Page MenuHomePhabricator

Investigate why query killer didn't kill 1-hour long queries
Closed, ResolvedPublic

Description

Needs more info on the description from the parent task.

Details

Related Gerrit Patches:

Event Timeline

jcrespo triaged this task as High priority.Feb 28 2018, 1:22 PM
jcrespo created this task.
Restricted Application added a subscriber: Aklapper. · View Herald TranscriptFeb 28 2018, 1:22 PM
jcrespo moved this task from Triage to Next on the DBA board.Feb 28 2018, 1:22 PM
jcrespo renamed this task from Investigate why query killer didn't kill 1-hour log queries to Investigate why query killer didn't kill 1-hour long queries.Mar 1 2018, 10:24 AM

Is there any progress so far?
Is someone actively working on this?

Is there any progress so far?
Is someone actively working on this?

No, we are not yet working on this. We have lots of fires going on at the moment and this is one of them, we will try to get to it as soon as we can.

There is a strange gap on any kind of killing activity between november and march:

 171966558 | 2017-11-20 06:29:35 | wmf_slave_wikiuser_sleep      | kill 1761131953                                                  
| 171978924 | 2018-03-01 16:41:05 | wmf_slave_wikiuser_sleep      | kill 1633679517

Even if it was that, the new query killer didn't solve anyway the long running queries, those had to be killed independently.

Change 415888 had a related patch set uploaded (by Jcrespo; owner: Jcrespo):
[operations/software@master] Consider as busy all queries that are not in Sleep state

https://gerrit.wikimedia.org/r/415888

jcrespo claimed this task.EditedMar 2 2018, 5:27 PM
jcrespo moved this task from Next to In progress on the DBA board.

Running SELECT sleep(70); as wikiuser to check it is at least in some way working.

Also shown on the logs:
171978924 | 2018-03-02 17:29:03 | wmf_slave_wikiuser_slow (>60) | kill 1731917342; SELECT sleep(100)

The same query was killed:

MariaDB [wikidatawiki]> SELECT /* Wikibase\Lib\Store\Sql\WikiPageEntityMetaDataLookup::selectRevisionInformationMultiple */ rev_id, rev_content_format, rev_timestamp, page_latest, page_is_redirect, old_id, old_text, old_flags, page_title FROM `page` INNER JOIN `revision` ON ((page_latest=rev_id)) INNER JOIN `text` ON ((old_id=rev_text_id));
ERROR 2013 (HY000): Lost connection to MySQL server during query

| 171978924 | 2018-03-02 17:38:03 | wmf_slave_wikiuser_slow (>60) | kill 1732579668; SELECT  rev_id, rev_content_format, rev_tim

The thesis is that for some reason, either the query killer was disabled or crashed, or other situation, that made it not working on that specific host.

I will check the query killer is updated to the latest version and active on all production hosts, then consider this resolved.

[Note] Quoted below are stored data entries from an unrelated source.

-- ===== src/Channel/Fifo.antt =====
-- channel_v2.inl: what a channel hands out over any sequence of reads and writes.
use librf.Prelude.{
  ℕ, ◌≡◌, ◌≢◌, ◌<◌, ◌+◌, refl, sym, ◌∙◌, ap, subst, Bool, Option, none, some, List, [], ◌∷◌, ◌++◌,
  map, arith, ◌⊎◌, inl, inr, append-nil, append_assoc, u32_mod,
}
use mathlib.Core.List.{map-append}
use librf.LinkQueue.{Ptr, null, Links}
use librf.LinkQueue.Chain.{Fresh, Distinct}
use librf.LinkQueue.Unlink.{Apart}
use librf.Channel.{Channel, channel}
use librf.Channel.Inv.{Rep, pending, channel-Rep}
use librf.Channel.Meet.{Call, read, write, address, Handed, step, meet, step-Meets, Fresh-snoc}

module _ {ℓ} {A : Type ℓ} where
  -- What each call hands out, and the channel at the end.
  unfoldable pub run : Bool → Channel A → List (Call A) → List (Handed A)
  run o c [] = []
  run o c (k ∷ ks) = let (d, c') = step o c k in d ∷ run o c' ks

  unfoldable pub after : Bool → Channel A → List (Call A) → Channel A
  after o c [] = c
  after o c (k ∷ ks) = after o (step o c k).1 ks

  -- The same for the two queues.
  unfoldable pub run_meet : List A → List Ptr → List (Call A) → List (Handed A)
  run_meet xs rs [] = []
  run_meet xs rs (k ∷ ks) = let (d, ys, qs) = meet xs rs k in d ∷ run_meet ys qs ks

  unfoldable pub after_meet : List A → List Ptr → List (Call A) → List A × List Ptr
  after_meet xs rs [] = (xs, rs)
  after_meet xs rs (k ∷ ks) = let (d, ys, qs) = meet xs rs k in after_meet ys qs ks

  abbrev pub addresses : List (Call A) → List Ptr
  addresses [] = []
  addresses (k ∷ ks) = address k ∷ addresses ks

  -- The states of the calls are distinct objects, none of them a state that waits already.
  pub record AreNew (ks : List (Call A)) (rs ws : List Ptr) : Type 0 where
    pub not_null : Fresh null (addresses ks)
    pub distinct : Distinct (addresses ks)
    pub no_reader : Apart (addresses ks) rs
    pub no_writer : Apart (addresses ks) ws

  meet-no_other :
      (xs : List A) (rs : List Ptr) (k : Call A) (q : Ptr)
      → address k ≢ q
      → Fresh q rs
      → Fresh q (meet xs rs k).2
  unfolding meet
  meet-no_other [] rs (read p) q ne f = Fresh-snoc q p rs ne f
  meet-no_other (x ∷ xs) rs (read p) q ne f = f
  meet-no_other xs [] (write p v) q ne f = tt
  meet-no_other xs (r ∷ rs) (write p v) q ne f = f.1

Apart-change :
    (p : Ptr) (ids ws ws' : List Ptr)
    → ((q : Ptr) → p ≢ q → Fresh q ws → Fresh q ws')
    → Fresh p ids
    → Apart ids ws
    → Apart ids ws'
Apart-change p [] ws ws' keep out a = tt
Apart-change p (x ∷ ids) ws ws' keep out a =
    (keep x (λ e. out.0 (sym e)) a.0, Apart-change p ids ws ws' keep out.1 a.1)

module _ {ℓ} {A : Type ℓ} (o : Bool) where
  -- The handed values, and a channel at the end that stands for the two queues at the end.
  pub record Ran (c : Channel A) (xs : List A) (rs : List Ptr) (ks : List (Call A)) : Type ℓ where
    pub buffered : List A
    pub waiting : List Ptr
    pub same : run o c ks ≡ run_meet xs rs ks
    pub rep : Rep (after o c ks) buffered (after_meet xs rs ks).1 waiting
    pub held : pending (after o c ks) buffered waiting ≡ (after_meet xs rs ks).0

  -- However large its buffer, a channel that has its invariant hands out what one queue of values
  -- that meets one queue of readers hands out, and ends as a channel that holds the values and the
  -- readers that those queues end with, with its invariant, if each call has a state of its own.
  pub run-Ran :
      (ks : List (Call A)) (c : Channel A) (xs : List A) (rs ws : List Ptr)
      → Rep c xs rs ws
      → AreNew ks rs ws
      → Ran c (pending c xs ws) rs ks
  unfolding run after run_meet after_meet
  run-Ran [] c xs rs ws r new = record {
    buffered = xs;
    waiting = ws;
    same = refl;
    rep = r;
    held = refl;
  }
  run-Ran (k ∷ ks) c xs rs ws r new =
      let m = step-Meets o c xs rs ws k r new.not_null.0 new.no_reader.0 new.no_writer.0 in
      let rest =
        run-Ran ks (step o c k).1 m.buffered (meet (pending c xs ws) rs k).2 m.waiting m.rep
          (record {
            not_null = new.not_null.1;
            distinct = new.distinct.1;
            no_reader =
                Apart-change (address k) (addresses ks) rs _ (meet-no_other (pending c xs ws) rs k)
                  new.distinct.0 new.no_reader.1;
            no_writer =
                Apart-change (address k) (addresses ks) ws m.waiting m.no_other new.distinct.0
                  new.no_writer.1;
          }) in
      let all =
        subst (λ ys. Ran (step o c k).1 ys (meet (pending c xs ws) rs k).2 ks) m.held rest in
      record {
        buffered = all.buffered;
        waiting = all.waiting;
        same = rw (m.handed, all.same);
        rep = all.rep;
        held = all.held;
      }

module _ {ℓ} {A : Type ℓ} where
  -- The reads and the values written, in the order of the calls.
  abbrev pub reads : List (Call A) → List Ptr
  reads [] = []
  reads (read p ∷ ks) = p ∷ reads ks
  reads (write p v ∷ ks) = reads ks

  abbrev pub writes : List (Call A) → List A
  writes [] = []
  writes (read p ∷ ks) = writes ks
  writes (write p v ∷ ks) = v ∷ writes ks

  -- The reads that were served, and the values that they were given, in order.
  abbrev pub readers_of : List (Handed A) → List Ptr
  readers_of [] = []
  readers_of (none ∷ hs) = readers_of hs
  readers_of (some (p, v) ∷ hs) = p ∷ readers_of hs

  abbrev pub values_of : List (Handed A) → List (Option A)
  values_of [] = []
  values_of (none ∷ hs) = values_of hs
  values_of (some (p, v) ∷ hs) = v ∷ values_of hs

  meet-readers :
      (ks : List (Call A)) (xs : List A) (rs : List Ptr)
      → (xs ≡ []) ⊎ (rs ≡ [])
      → readers_of (run_meet xs rs ks) ++ (after_meet xs rs ks).1 ≡ rs ++ reads ks
  unfolding run_meet after_meet meet
  meet-readers [] xs rs h = sym (append-nil rs)
  meet-readers (read p ∷ ks) [] rs h =
      meet-readers ks [] (rs ++ (p ∷ [])) (inl refl) ∙ append_assoc rs (p ∷ []) (reads ks)
  meet-readers (read p ∷ ks) (x ∷ xs) rs h =
      let e : rs ≡ [] = ground arith in rw e (ap (◌∷◌ p) (meet-readers ks xs [] (inr refl)))
  meet-readers (write p v ∷ ks) xs [] h = meet-readers ks (xs ++ (v ∷ [])) [] (inr refl)
  meet-readers (write p v ∷ ks) xs (r ∷ rs) h = ap (◌∷◌ r) (meet-readers ks xs rs (ground arith))

  meet-values :
      (ks : List (Call A)) (xs : List A) (rs : List Ptr)
      → (xs ≡ []) ⊎ (rs ≡ [])
      → values_of (run_meet xs rs ks) ++ map some (after_meet xs rs ks).0
        ≡ map some xs ++ map some (writes ks)
  unfolding run_meet after_meet meet
  meet-values [] xs rs h = sym (append-nil (map some xs))
  meet-values (read p ∷ ks) [] rs h = meet-values ks [] (rs ++ (p ∷ [])) (inl refl)
  meet-values (read p ∷ ks) (x ∷ xs) rs h =
      let e : rs ≡ [] = ground arith in rw e (ap (◌∷◌ (some x)) (meet-values ks xs [] (inr refl)))
  meet-values (write p v ∷ ks) xs [] h =
      meet-values ks (xs ++ (v ∷ [])) [] (inr refl)
      ∙ rw (map-append some xs (v ∷ []))
          (append_assoc (map some xs) (some v ∷ []) (map some (writes ks)))
  meet-values (write p v ∷ ks) xs (r ∷ rs) h =
      let e : xs ≡ [] = ground arith in rw e (ap (◌∷◌ (some v)) (meet-values ks [] rs (inl refl)))

  -- What a history of calls on a channel comes to: the reads that were served, followed by the reads
  -- that wait, are all reads in order; the values that were handed out, followed by the values on
  -- their way, are all values written in order.
  pub record IsFifo (o : Bool) (c : Channel A) (ks : List (Call A)) : Type ℓ where
    pub buffered : List A
    pub readers : List Ptr
    pub writers : List Ptr
    pub rep : Rep (after o c ks) buffered readers writers
    pub all_reads : readers_of (run o c ks) ++ readers ≡ reads ks
    pub all_values :
        values_of (run o c ks) ++ map some (pending (after o c ks) buffered writers)
        ≡ map some (writes ks)

  -- The n-th read is given the n-th value that is written, over any sequence of reads and writes on a
  -- new channel of any capacity that fits the ring, if each call has a state of its own. No value is
  -- lost, doubled or passed by another, and no read by another.
  pub channel-IsFifo :
      (o : Bool) (rl wl : Links) (rv : Ptr → Option A) (wv : Ptr → A) (co : Ptr → Bool)
      (cache_size : ℕ) (ks : List (Call A))
      → cache_size + 1 < u32_mod
      → AreNew ks [] []
      → IsFifo o (channel rl wl rv wv co cache_size) ks
  channel-IsFifo o rl wl rv wv co n ks h new =
      let c = channel rl wl rv wv co n in
      let r = run-Ran o ks c [] [] [] (channel-Rep rl wl rv wv co n h) new in
      record {
        buffered = r.buffered;
        readers = (after_meet [] [] ks).1;
        writers = r.waiting;
        rep = r.rep;
        all_reads = rw r.same (meet-readers ks [] [] (inl refl));
        all_values = rw (r.same, r.held) (meet-values ks [] [] (inl refl));
      }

Change 415888 merged by jenkins-bot:
[operations/software@master] Consider as busy all queries that are not in Sleep state

https://gerrit.wikimedia.org/r/415888

Mentioned in SAL (#wikimedia-operations) [2018-03-06T15:54:50Z] <jynus> deploying new query killer logic to all wikidata (s8) db replicas T188505

jcrespo closed this task as Resolved.Mar 6 2018, 4:34 PM

@Lucas_Werkmeister_WMDE I am going to resolve this ticket once it has been deployed to all of s8 (wikidata database section). I will deploy on the other sections more slowly. This is not a risk-free deploy, so please be vigilant if there is something weird happening regarding queries failing or similar issues. This will, however, unblock at least the deployments you wanted to do.

@jcrespo okay, thanks a lot for your help! So far everything seems okay to me (no crazy server load spikes that I can see, and no drop in the rate of Wikidata edits).